I think you illustrated what I’m saying. Even if people see through my exDH, he still enjoys cordial interactions at work and a career where people treat him with professional respect. His colleagues aren’t exactly calling me and saying “I see your truth.” Meanwhile, I had even my best friends questioning what I might have done for this to happen, did I see it coming, is there an affair. And when I say no to every question, the unspoken thing hanging in the air is that I must have messed up somehow.
TLDR: no one wants to get into the messiness of interacting differently with the DH who walks away or risking their career to give him any kind of social censure, so they give him more politeness than he deserves and the DW bears the social and reputations burden of his behavior. Every time.
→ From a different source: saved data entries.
-- ===== src/Rm/DeviceMap/Others.antt =====
-- updateDeviceMapWithReplicas at a resource that its configuration does not name.
use volcano_vgpu_device_plug.Prelude.{
  ℕ, zero, suc, ◌≡◌, ◌≢◌, refl, ap, ◌∙◌, Bool, false, List, [], ◌∷◌, arith, All, Option-cases,
  Bool-cases, inl, inr,
}
use volcano_vgpu_device_plug.GoText.{Str, str_eq, str_eq_iff}
use volcano_vgpu_device_plug.Kube.Dict.{lookup, insert, lookup-insert}
use volcano_vgpu_device_plug.Spec.Replicas.{ReplicatedResource, ReplicatedResources}
use volcano_vgpu_device_plug.Rm.Devices.{Device, Devices, difference, subset}
use volcano_vgpu_device_plug.Rm.DeviceMap.{
  DeviceMap, Result, ok, failed, panicked, and_then, devices_of, insert_device, insert_all,
  ids_of_devices_to_replicate, replica, new_name, add_replicas, add_all_replicas, replicate_ids,
  is_named, copy_unnamed, replicate_loop, update_device_map_with_replicas,
}

lookup-insert_device :
    (name other : Str) (dev : Device) (d : DeviceMap)
    → name ≢ other
    → lookup other (insert_device name dev d) ≡ lookup other d
unfolding insert_device
lookup-insert_device name other dev d h = ground (
  arith,
  str_eq_iff name other,
  lookup-insert name other (insert dev.id dev (devices_of name d)) d,
)

lookup-insert_all :
    (name other : Str) (devices : Devices) (d : DeviceMap)
    → name ≢ other
    → lookup other (insert_all name devices d) ≡ lookup other d
unfolding insert_all
lookup-insert_all name other [] d h = refl
lookup-insert_all name other ((_, device) ∷ devices) d h =
    lookup-insert_all name other devices (insert_device name device d) h
    ∙ lookup-insert_device name other device d h

lookup-add_replicas :
    (other id : Str) (i n : ℕ) (r : ReplicatedResource) (original : Device) (d : DeviceMap)
    → new_name r ≢ other
    → lookup other (add_replicas id i n r original d) ≡ lookup other d
unfolding add_replicas
lookup-add_replicas other id i zero r original d h = refl
lookup-add_replicas other id i (suc n) r original d h =
    lookup-add_replicas other id (suc i) n r original
      (insert_device (new_name r) (replica id i r.replicas original) d) h
    ∙ lookup-insert_device (new_name r) other (replica id i r.replicas original) d h

lookup-add_all_replicas :
    (other : Str) (originals : Devices) (ids : List Str) (r : ReplicatedResource) (d d' : DeviceMap)
    → new_name r ≢ other
    → add_all_replicas originals ids r d ≡ ok d'
    → lookup other d' ≡ lookup other d
unfolding add_all_replicas
lookup-add_all_replicas other originals [] r d d' h e = ground arith
lookup-add_all_replicas other originals (id ∷ ids) r d d' h e =
    elim (Option-cases (lookup id originals)) [
      | inl missing ↦ ground (
        arith,
        λ (g : add_all_replicas originals ids r d ≡ ok d').
            lookup-add_all_replicas other originals ids r d d' h g,
      )
      | inr (original, here) ↦
          lookup-add_all_replicas other originals ids r (add_replicas id 0 r.replicas r original d)
            d' h (ground arith)
          ∙ lookup-add_replicas other id 0 r.replicas r original d h
    ]

lookup-replicate_ids :
    (other : Str) (o_devices : DeviceMap) (r : ReplicatedResource) (ids : List Str)
    (d d' : DeviceMap)
    → r.name ≢ other
    → new_name r ≢ other
    → replicate_ids o_devices r ids d ≡ ok d'
    → lookup other d' ≡ lookup other d
unfolding replicate_ids
lookup-replicate_ids other o_devices r [] d d' h h' e = ground arith
lookup-replicate_ids other o_devices r (id ∷ ids) d d' h h' e =
    let originals = devices_of r.name o_devices in
    let kept = difference originals (subset originals (id ∷ ids)) in
    lookup-add_all_replicas other originals (id ∷ ids) r (insert_all r.name kept d) d' h' e
    ∙ lookup-insert_all r.name other kept d h

-- A resource that is neither replicated nor the new name of one that is.
abbrev pub IsOther : Str → List ReplicatedResource → Type 0
IsOther other resources = All (λ r. (r.name ≢ other) × (new_name r ≢ other)) resources

and_then-ok :
    {A B : Type 0} (a : Result A) (f : A → Result B) (b : B)
    → and_then a f ≡ ok b
    → (x : A) × (a ≡ ok x) × (f x ≡ ok b)
and_then-ok (ok a) f b h = (a, refl, h)
and_then-ok failed f b h = cc
and_then-ok panicked f b h = cc

lookup-replicate_loop :
    (is_uuid_text : Str → Bool) (other : Str) (o_devices : DeviceMap)
    (resources : List ReplicatedResource) (d d' : DeviceMap)
    → IsOther other resources
    → replicate_loop is_uuid_text o_devices resources d ≡ ok d'
    → lookup other d' ≡ lookup other d
unfolding replicate_loop
lookup-replicate_loop is_uuid_text other o_devices [] d d' h e = ground arith
lookup-replicate_loop is_uuid_text other o_devices (r ∷ resources) d d' ((named, renamed), h) e =
    let rest = λ (ids : List Str).
      and_then (replicate_ids o_devices r ids d)
        (replicate_loop is_uuid_text o_devices resources) in
    let (ids, _, f) =
      and_then-ok (ids_of_devices_to_replicate is_uuid_text o_devices r) rest d' e in
    let (d1, g, l) =
      and_then-ok (replicate_ids o_devices r ids d)
        (replicate_loop is_uuid_text o_devices resources) d' f in
    lookup-replicate_loop is_uuid_text other o_devices resources d1 d' h l
    ∙ lookup-replicate_ids other o_devices r ids d d1 named renamed g

is_named-other :
    (other : Str) (resources : List ReplicatedResource)
    → IsOther other resources
    → is_named resources other ≡ false
is_named-other other [] h = refl
is_named-other other (r ∷ resources) ((named, _), h) =
    ground (arith, str_eq_iff r.name other, is_named-other other resources h)

lookup-copy_unnamed :
    (other : Str) (resources : List ReplicatedResource) (o_devices : DeviceMap)
    → is_named resources other ≡ false
    → lookup other (copy_unnamed resources o_devices) ≡ lookup other o_devices
unfolding copy_unnamed lookup
lookup-copy_unnamed other resources [] h = refl
lookup-copy_unnamed other resources ((name, ds) ∷ o_devices) h =
    elim (Bool-cases (str_eq name other)) [
      | inl e ↦ ground (arith, h, e, ap (is_named resources) ((str_eq_iff name other).0 e))
      | inr e ↦ ground (arith, lookup-copy_unnamed other resources o_devices h)
    ]

-- When updateDeviceMapWithReplicas returns no error, a resource that is neither to be replicated nor
-- the new name of one that is has the devices it had.
pub lookup-update_device_map :
    (is_uuid_text : Str → Bool) (other : Str) (replicated_resources : ReplicatedResources)
    (o_devices d' : DeviceMap)
    → IsOther other replicated_resources.resources
    → update_device_map_with_replicas is_uuid_text replicated_resources o_devices ≡ ok d'
    → lookup other d' ≡ lookup other o_devices
unfolding update_device_map_with_replicas
lookup-update_device_map is_uuid_text other replicated_resources o_devices d' h e =
    let resources = replicated_resources.resources in
    lookup-replicate_loop is_uuid_text other o_devices resources (copy_unnamed resources o_devices)
      d' h e
    ∙ lookup-copy_unnamed other resources o_devices (is_named-other other resources h)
Consider that the “unspoken” doubts or chastisement are mostly in your head.
How can you know what others are thinking?
If people are saying out loud that there must have been an affair or you must have seen it coming, that sound pretty spoken, actually. They’re throwing doubt at “didn't see it coming” and suggesting you should have. Which is hurtful and blaming.
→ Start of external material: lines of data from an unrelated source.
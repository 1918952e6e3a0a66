-- ===== src/Generics/Get/Row.antt =====
-- The one row of `GetG`, and the first one of `iterateScan`.
use sqlx_v.Prelude.{
  ℕ, Bool, true, false, Option, none, some, List, [], ◌∷◌, ◌≡◌, ◌⊎◌, refl, ap, inl, inr, ◌==◌,
  String, Bytes, length, replicate, Bool-cases, Option-cases,
}
use sqlx_v.Errors.{Error, no_rows, stop_iter, root, Result, ok, fail, panics, wrap}
use sqlx_v.Value.{GoType}
use sqlx_v.Reflectx.Mapper.{StructMap}
use sqlx_v.Reflectx.Address.{Memory}
use sqlx_v.Reflectx.Tags.{Setting}
use sqlx_v.Reflectx.Flatten.{Mapped, done, panicked, no_fuel}
use sqlx_v.Reflectx.TypeMap.{type_map}
use sqlx_v.Engine.Meta.{FieldMeta}
use sqlx_v.Engine.Meta.Cache.{MetaCache}
use sqlx_v.Engine.Dest.{Slot, empty, is_scannable}
use sqlx_v.Engine.Scan.{
  SqlRows, stopping, Caches, Scan, rows_loop, strict_error, after_scan, scan_scannable, scan_struct,
  scannable_rows, struct_rows, mapped_rows, column_rows,
}
use sqlx_v.Engine.Scan.Select.{Item, new_object}
use sqlx_v.Engine.Scan.Get.{same_object, find_one}
use sqlx_v.Generics.{meta_for}
use sqlx_v.Generics.Get.{
  item_at, scanned_item, first_item, scan_one, scan_one_struct, get_scannable, get_struct,
  get_columns,
}

-- The same object, an error with the same error at its root, or a panic.
abbrev pub SameGet : (Memory → Item) → Memory × Result Item → Memory × Result (Unit {0}) → Type 0
SameGet item (m, ok i) (m', r) = (r ≡ ok tt) × (m ≡ m') × (i ≡ item m')
SameGet item (m, fail e) (m', r) = (x : Error) × (r ≡ fail x) × (root e ≡ root x)
SameGet item (m, panics) (m', r) = r ≡ panics

-- Before `Close`: without a row `iterateScan` returns nil, and `getScan` makes `sql.ErrNoRows` of it.
abbrev pub SameFirst :
    Option Error → (Memory → Item) → Memory × Result Item → Scan Bool × Result (Unit {0}) → Type 0
SameFirst close_err item (m, ok i) (w, r) =
    (r ≡ ok tt) × (w.out ≡ true) × (m ≡ w.memory) × (i ≡ item w.memory)
SameFirst close_err item (m, fail e) (w, r) =
    ((x : Error) × (r ≡ fail x) × (root e ≡ root x))
    ⊎ ((e ≡ no_rows) × (r ≡ ok tt) × (w.out ≡ false) × (close_err ≡ none))
SameFirst close_err item (m, panics) (w, r) = r ≡ panics

-- One row: the loop stops behind it.
abbrev SameRow : (Memory → Item) → Memory × Result Item → Scan Bool × Result (Unit {0}) → Type 0
SameRow item (m, ok i) (w, r) =
    (r ≡ fail stop_iter) × (w.out ≡ true) × (m ≡ w.memory) × (i ≡ item w.memory)
SameRow item (m, fail e) (w, r) =
    (x : Error) × (r ≡ fail x) × (stopping x ≡ fail x) × (root e ≡ root x)
SameRow item (m, panics) (w, r) = r ≡ panics

stops-SameFirst :
    {R : Type 0} (close_err : Option Error) (item : Memory → Item) (p : Memory × Result Item)
    (body : R → Scan Bool → Scan Bool × Result (Unit {0})) (err : Option Error) (row : R)
    (rows : List R) (w : Scan Bool)
    → SameRow item p (body row w)
    → SameFirst close_err item p (rows_loop body err (row ∷ rows) w)
unfolding rows_loop
stops-SameFirst close_err item (m, ok i) body err row rows w (stop, found, same, read) =
    rw (stop, rows_loop) (refl, found, same, read)
stops-SameFirst close_err item (m, fail e) body err row rows w (x, stop, goes_on, same) =
    rw (stop, rows_loop, goes_on) (inl (x, refl, same))
stops-SameFirst close_err item (m, panics) body err row rows w stop = rw (stop, rows_loop) refl

first_item-SameFirst :
    {R : Type 0} (close_err : Option Error) (item : Memory → Item) (one : R → Memory × Result Item)
    (body : R → Scan Bool → Scan Bool × Result (Unit {0})) (err : Option Error) (rows : List R)
    (memory : Memory) (w : Scan Bool)
    → (rows ≡ [] → close_err ≡ none)
    → w.out ≡ false
    → ((row : R) → SameRow item (one row) (body row w))
    → SameFirst close_err item (first_item one err rows memory) (rows_loop body err rows w)
unfolding first_item
first_item-SameFirst close_err item one body none [] memory w quiet fresh same =
    unfold rows_loop in inr (refl, refl, fresh, quiet refl)
first_item-SameFirst close_err item one body (some e) [] memory w quiet fresh same =
    unfold rows_loop in inl (e, refl, refl)
first_item-SameFirst close_err item one body err (row ∷ rows) memory w quiet fresh same =
    stops-SameFirst close_err item (one row) body err row rows w (same row)

module _ {R : Type 0} (env : Setting) (size : GoType → ℕ)
    (sql_scan : R → List Slot → Memory → Memory × Result (Unit {0})) (is_ptr : Bool) (t : GoType)
    (memory : Memory) where
  -- The object that both calls scan into, and the state that `iterateScan` starts from.
  abbrev item : Memory → Item
  item = item_at is_ptr (size t) memory.next

  abbrev start : List Slot → Scan Bool
  start dest = record { memory = (new_object (size t) memory).1; scan_dest = dest; out = false }

  after_scan-SameRow :
      (format : String) (w : Scan Bool) (p : Memory × Result (Unit {0}))
      → SameRow item (scanned_item format is_ptr true (size t) memory.next p) (
          after_scan env size sql_scan
            (same_object memory.next)
            find_one
            format
            memory.next
            w
            p.0
            p.1)
  unfolding after_scan
  after_scan-SameRow format w (m, ok u) = (refl, refl, refl, refl)
  after_scan-SameRow format w (m, fail e) = (_, refl, refl, refl)
  after_scan-SameRow format w (m, panics) = refl

  module _ (rows : SqlRows R) (quiet : rows.pending ≡ [] → rows.close_err ≡ none) where
    get_scannable-SameFirst :
        (columns : List Bytes)
        → SameFirst rows.close_err item
            (get_scannable env size sql_scan rows is_ptr true t columns memory)
            (scannable_rows env size sql_scan
              (same_object memory.next)
              find_one
              rows
              t
              columns
              (start []))
    unfolding get_scannable scannable_rows
    get_scannable-SameFirst columns = elim (Bool-cases (length columns == 1)) [
      | inl one ↦ rw one (
          first_item-SameFirst rows.close_err item (scan_one env size sql_scan is_ptr true t memory)
            (scan_scannable env size sql_scan (same_object memory.next) find_one t) rows.err
            rows.pending memory (start []) quiet refl
            (λ row. unfold scan_one scan_scannable in after_scan-SameRow _ (start []) _))
      | inr other ↦ rw other (inl (_, refl, refl))
    ]

    get_struct-SameFirst :
        (columns : List Bytes) (r : Result (List FieldMeta))
        → SameFirst rows.close_err item
            (get_struct env size sql_scan rows is_ptr true t columns memory
              (wrap "sqlx: error building meta: %w" r))
            (struct_rows env size sql_scan
              (same_object memory.next)
              find_one
              rows
              columns
              r
              (start []))
    unfolding get_struct struct_rows
    get_struct-SameFirst columns (ok meta) =
        let dest = replicate (length columns) empty in
        first_item-SameFirst rows.close_err item
          (scan_one_struct env size sql_scan is_ptr true t meta dest memory)
          (scan_struct env size sql_scan (same_object memory.next) find_one meta) rows.err
          rows.pending memory (start dest) quiet refl
          (λ row.
            unfold scan_one_struct scan_struct in
            after_scan-SameRow _ (record (start dest) { scan_dest = _ }) _)
    get_struct-SameFirst columns (fail e) = inl (_, refl, refl)
    get_struct-SameFirst columns panics = refl

    get_mapped-SameFirst :
        (is_unsafe strict : Bool) (columns : List Bytes) (tm : Mapped StructMap) (metas : MetaCache)
        → let (meta, metas') = meta_for env t is_unsafe strict columns tm metas in
          let s =
            mapped_rows env size sql_scan
              (same_object memory.next)
              find_one
              rows
              t
              is_unsafe
              strict
              columns
              tm
              metas
              (start []) in
          SameFirst rows.close_err item
            (get_struct env size sql_scan rows is_ptr true t columns memory meta)
            s.0
          × (metas' ≡ s.1)
    unfolding meta_for mapped_rows
    get_mapped-SameFirst is_unsafe strict columns (done tm) metas =
        elim (Option-cases (strict_error strict tm.errors)) [
          | inl fine ↦ rw (fine, meta_for, mapped_rows) (get_struct-SameFirst columns _, refl)
          | inr (e, wrong) ↦
              rw (wrong, meta_for, mapped_rows) (unfold get_struct in (inl (_, refl, refl), refl))
        ]
    get_mapped-SameFirst is_unsafe strict columns panicked metas = unfold get_struct in (refl, refl)
    get_mapped-SameFirst is_unsafe strict columns no_fuel metas = unfold get_struct in (refl, refl)

    pub get_columns-SameFirst :
        (is_unsafe strict : Bool) (columns : List Bytes) (caches : Caches)
        → let p =
            get_columns env size sql_scan rows is_ptr true t is_unsafe strict columns caches
              memory in
          let s =
            column_rows env size sql_scan
              (same_object memory.next)
              find_one
              rows
              t
              is_unsafe
              strict
              columns
              caches
              (start []) in
          SameFirst rows.close_err item p.0 s.0 × (p.1 ≡ s.1)
    unfolding get_columns column_rows
    get_columns-SameFirst is_unsafe strict columns caches =
        elim (Bool-cases (is_scannable env.scanner t)) [
          | inl plain ↦ rw plain (get_scannable-SameFirst columns, refl)
          | inr other ↦
              let (tm, types') = type_map env t caches.types in
              let (same, cached) = get_mapped-SameFirst is_unsafe strict columns tm caches.metas in
              rw other (same, ap (λ ms. record { types = types'; metas = ms }) cached)
        ]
Anonymous wrote:Anonymous wrote:Anonymous wrote:Anonymous wrote:I would think grey divorce is more often initiated by women? I mean, once the kids are raised and off to college, they can walk away with half the marital assets, drop their adult man-child, and finally live for themselves. Casual dating is generally easier for women than men at any age, provided a woman is fit and takes care of herself.
Dating is much easier for men in their fifties than it is for women. Women in their fifties are invisible.
How is dating for men in their sixties? Is that their invisibility threshold?
Based on the number of dads at our private who are in their early or mid 60s with preschoolers, I don’t think 60 magically closes a door for men unless the are poor.